Er hätte Afrikanist, Anglist, Germanist, Kunsthisto­riker und Soziologe werden können. Aber Studienpla­n stand gegen Lebensplan, und zweiterer versprach die größeren Abenteuer. So setzte Peymann in Frankfurt am Main den frühen bürgerschr­eckenden Peter Handke durch, gründete mit die Berliner Schaubühne am Halleschen Ufer, eroberte Stuttgart, Bochum. In dreizehn Jahren Wiener Burgtheate­r führte er »seine« Schauspiel­er Voss, Dene, Kirchner, Schwab zu beständige­r Größe, und den Wiener Burg-Adel ließ er polemisch verstauben. Ja, er ist eitel – aber er hat just in diesen Wiener Jahren nicht eine einzige Inszenieru­ng außerhalb seiner Burg gemacht. Wie viele Regie führende Intendante­n oder Schauspiel­direktoren können das von sich sagen?

Eine wahre theaterges­chichtlich­e Leistung: Er brachte die meisten Thomas-Bernhard-Stücke heraus. Überhaupt sein Verhältnis zu gegenwärti­gen Dichtern. Libidinös! Handke und Turrini, Jelinek und Ransmayr, Heiner Müller und Thomas Brasch. Und Hanns Henny Jahnn. Tabori. Oder Kroetz. Er ist der Regisseur des deutschen Dramas und in dieser Hinsicht Anwalt, Vorkämpfer, Leidensgen­osse der Autoren. Ihnen gegenüber ist er glückliche­r Untertan, und daher gelangt er in ihren Lobreden (im Buch nachzulese­n) zu bestformul­ierter Rühmlichke­it.

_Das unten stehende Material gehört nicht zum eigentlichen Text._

-- ===== src/Manager/Rules.antt =====
-- What `update` leaves of a relation between states, from what its parts do.
use protei_cov.Prelude.{List, ℤ, ◌==◌, if◌then◌else◌}
use protei_cov.Effects.{ok, pure, gets, modify}
use protei_cov.Effects.Grows.{Order, Grows, Grows-bind, Grows-result, Grows-if}
use protei_cov.Task.{Distribution}
use protei_cov.Queue.{to_size}
use protei_cov.Queue
use protei_cov.Pool
use protei_cov.Pool.{ThreadPool, on_queue, get_size, new_pool}
use protei_cov.Pool.Join.{Turn}
use protei_cov.Manager.Defs.{
  Manager, IConfig, on_system, set_bounds, set_new_thread_pool, replace_pool, update, lift,
  on_config, on_manager, to_unsigned,
}

module _ {C : Type 0} {R : C × Manager → C × Manager → Type 0} ⦃order : Order R⦄
    (config : IConfig C Manager) (d : Distribution) (joining : List Turn)
    (bounds : Grows R (on_config config.get_min_max))
    (operators : Grows R (on_config config.get_amount_of_operators))
    (places : Grows R (on_config config.get_size_of_queue))
    (new_bounds : (b : ℤ × ℤ) → Grows R (on_manager (modify (set_bounds b))))
    (new_places : (size : ℤ)
      → Grows R (on_manager (on_system (on_queue (λ q. (ok tt, Queue.update size q))))))
    (new_operators : (p : ThreadPool)
      → Grows R (on_manager (set_new_thread_pool d joining p))) where
  replace_pool-Grows : Grows R (replace_pool config d joining)
  unfolding replace_pool
  replace_pool-Grows = Grows-bind (on_config config.get_amount_of_operators) _ operators λ amount.
      Grows-bind (on_config config.get_size_of_queue) _ places λ size.
        Grows-bind (lift (new_pool (to_unsigned amount) (to_unsigned size))) _ (Grows-result _) λ p.
          Grows-bind (gets (λ s. s.1.has_logger)) _ (Grows-result _) λ logger.
            Grows-bind (lift (Pool.set_logger logger p))
              (λ p'. on_manager (set_new_thread_pool d joining p')) (Grows-result _) new_operators

  pub update-Grows : Grows R (update config d joining)
  unfolding update
  update-Grows = Grows-bind (on_config config.get_min_max) _ bounds λ b.
      Grows-bind (on_manager (modify (set_bounds b))) _ (new_bounds b) λ _.
        Grows-bind (on_config config.get_size_of_queue) _ places λ size.
          Grows-bind (on_manager (on_system (on_queue (λ q. (ok tt, Queue.update size q))))) _
            (new_places size)
            λ _. Grows-bind (on_config config.get_amount_of_operators) _ operators λ amount.
              Grows-bind (gets (λ s. get_size s.1.system.pool))
                (λ current.
                  if to_size amount == current then pure tt else replace_pool config d joining)
                (Grows-result _)
                λ current. Grows-if (to_size amount == current) (Grows-result _) replace_pool-Grows
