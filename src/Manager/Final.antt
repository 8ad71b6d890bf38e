-- ===== src/Manager/Final.antt =====
-- Whatever the manager's methods come to, also where they renew its pool, a promise of a call that is
-- satisfied stays as it is. A new call has a promise of its own.
use protei_cov.Prelude.{ℕ, ◌≡◌, ◌≢◌, ◌≤◌, ◌<◌, refl, List, Text, ℤ, arith}
use protei_cov.Effects.{Exec, ok, pure, modify}
use protei_cov.Effects.Grows.{Order, Grows, Grows-bind, Grows-result}
use protei_cov.World.{pending}
use protei_cov.World.Final.{final_order}
use protei_cov.Task.{Distribution, create, new_task}
use protei_cov.Queue.{to_size}
use protei_cov.Queue
use protei_cov.Queue.Final.{FinalIn}
use protei_cov.Pool
use protei_cov.Pool.{System, ThreadPool, start, stop, set_pool, on_queue, get_size, new_pool}
use protei_cov.Pool.Join.{Turn, destroy}
use protei_cov.Pool.Final.{FinalAt, final_at_order, add_task-Final, destroy-Final, on_queue-Final}
use protei_cov.Manager.Rules.{update-Grows}
use protei_cov.Manager.Defs.{
  Manager, Arrival, IConfig, on_system, set_bounds, make_task, add_task, start_thread_pool,
  stop_thread_pool, set_thread_pool, set_new_thread_pool, update, on_config, on_manager,
}

-- Every promise of a call before `m'` that is satisfied in `m` is in `m'` what it was.
pub record FinalCalls (m m' : Manager) : Type 0 where
  pub later : m.next_task ≤ m'.next_task
  pub keeps :
      (p : ℕ)
      → p < m.next_task
      → m.system.world.promises p ≢ pending
      → m'.system.world.promises p ≡ m.system.world.promises p

pub chain_final_calls :
    {m m' m'' : Manager} → FinalCalls m m' → FinalCalls m' m'' → FinalCalls m m''
chain_final_calls a b = record {
  later = omega (arith, a.later, b.later);
  keeps = λ p lt set.
      let e = a.keeps p lt set in
      let k = b.keeps p (omega (arith, lt, a.later)) (λ o. set (cc (e, o))) in cc (e, k);
}

pub same_final_calls : (m : Manager) → FinalCalls m m
same_final_calls m = record { later = omega arith; keeps = λ p lt set. refl }

instance abbrev pub final_calls_order : Order FinalCalls
final_calls_order = record { same = same_final_calls; chain = chain_final_calls }

pub on_system-Final :
    {A : Type 0} {f : Exec System A} → Grows FinalAt f → Grows FinalCalls (on_system f)
on_system-Final k = record {
  at = λ m. record { later = omega arith; keeps = λ p lt set. (k.at m.system).keeps p set };
}

make_task-Final : (a : Arrival) (number : Text) → Grows FinalCalls (make_task a number)
unfolding make_task create new_task
make_task-Final a number = record {
  at = λ m. record { later = ground arith; keeps = λ p lt set. ground arith };
}

pub manager_add_task-Final : (a : Arrival) (number : Text) → Grows FinalCalls (add_task a number)
unfolding add_task
manager_add_task-Final a number = Grows-bind (make_task a number) _ (make_task-Final a number) λ t.
    Grows-bind (on_system (Pool.add_task a.thread a.now t)) (λ id. pure (id, t))
      (on_system-Final (add_task-Final a.thread a.now t)) λ id. Grows-result _

-- A change of the flags of the pool, or of the pool for another.
pool_only :
    (f : System → System) → ((s : System) → (f s).world ≡ s.world) → Grows FinalAt (modify f)
pool_only f e = record { at = λ s. record { keeps = λ p set. ground (arith, e s) } }

bounds-Final : (b : ℤ × ℤ) → Grows FinalCalls (modify (set_bounds b))
bounds-Final b = record { at = λ m. record { later = omega arith; keeps = λ p lt set. refl } }

resize-Final : (size : ℤ) → Grows FinalIn (λ q. (ok tt, Queue.update size q))
unfolding Queue.update
resize-Final size = record { at = λ q. final_order.same q.1 }

module _ (d : Distribution) where
  set_new_thread_pool-Final :
      (joining : List Turn) (p : ThreadPool) → Grows FinalCalls (set_new_thread_pool d joining p)
  unfolding set_new_thread_pool start_thread_pool stop_thread_pool
  set_new_thread_pool-Final joining p =
      Grows-bind stop_thread_pool _ (on_system-Final (pool_only (set_pool stop) λ s. refl)) λ _.
        Grows-bind (on_system (destroy d joining)) _ (on_system-Final (destroy-Final d joining))
          λ _.
            Grows-bind (on_system (modify (set_thread_pool p))) (λ _. start_thread_pool)
              (on_system-Final (pool_only (set_thread_pool p) λ s. refl))
              λ _. on_system-Final (pool_only (set_pool start) λ s. refl)

-- A config keeps its pointers to itself: its methods leave the manager's side alone.
module _ {C : Type 0} where
  -- `FinalCalls` of the managers.
  abbrev pub FinalBeside : C × Manager → C × Manager → Type 0
  FinalBeside s s' = FinalCalls s.1 s'.1

  instance abbrev pub final_beside_order : Order FinalBeside
  final_beside_order = record { same = λ s. same_final_calls s.1; chain = chain_final_calls }

  module _ {A : Type 0} where
    pub on_config-Final : (f : Exec C A) → Grows FinalBeside (on_config f)
    on_config-Final f = record { at = λ s. same_final_calls s.1 }

    pub on_manager-Final :
        {f : Exec Manager A} → Grows FinalCalls f → Grows FinalBeside (on_manager {C = C} f)
    on_manager-Final k = record { at = λ s. k.at s.1 }

  module _ (config : IConfig C Manager) (d : Distribution) (joining : List Turn) where
    pub update-Final : Grows FinalBeside (update config d joining)
    update-Final =
        update-Grows config d joining (on_config-Final config.get_min_max)
          (on_config-Final config.get_amount_of_operators)
          (on_config-Final config.get_size_of_queue) (λ b. on_manager-Final (bounds-Final b))
          (λ size. on_manager-Final (on_system-Final (on_queue-Final (resize-Final size))))
          λ p. on_manager-Final (set_new_thread_pool-Final d joining p)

Seit 1999 ist er Chef des Berliner Ensembles. Hat Berliner Politik nach Kräften beschimpft. »Meine Triebkraft ist die Empörung.« Hat trotzig hingenomme­n, dass die Bewertung seiner Kunstausüb­ung mitunter hinter der Resonanz für seine medialen Aufstände zurückblie­b. Wien war Süden: Wallung gegen Wallung – Peymanns Welt. Die deutsche Hauptstadt ist kalt wie Sibirien. Da zeigt einer Zähne, muss seine Kraft aber gleichsam als Lamm spazieren führen. Immer hat man das Gefühl, am Theater, in dem Peymann gerade rumort, stets das ganze Peymann-Le- ben erfassen zu können – vor allem die späte Berliner Phase scheint noch einmal, im Großen wie im Begrenzten, im Glanz und in den Konflikten, im Schub wie im Scheitern dieses Gesamtkuns­twerk Peymann wie in einem Brennspieg­el zu offenbaren.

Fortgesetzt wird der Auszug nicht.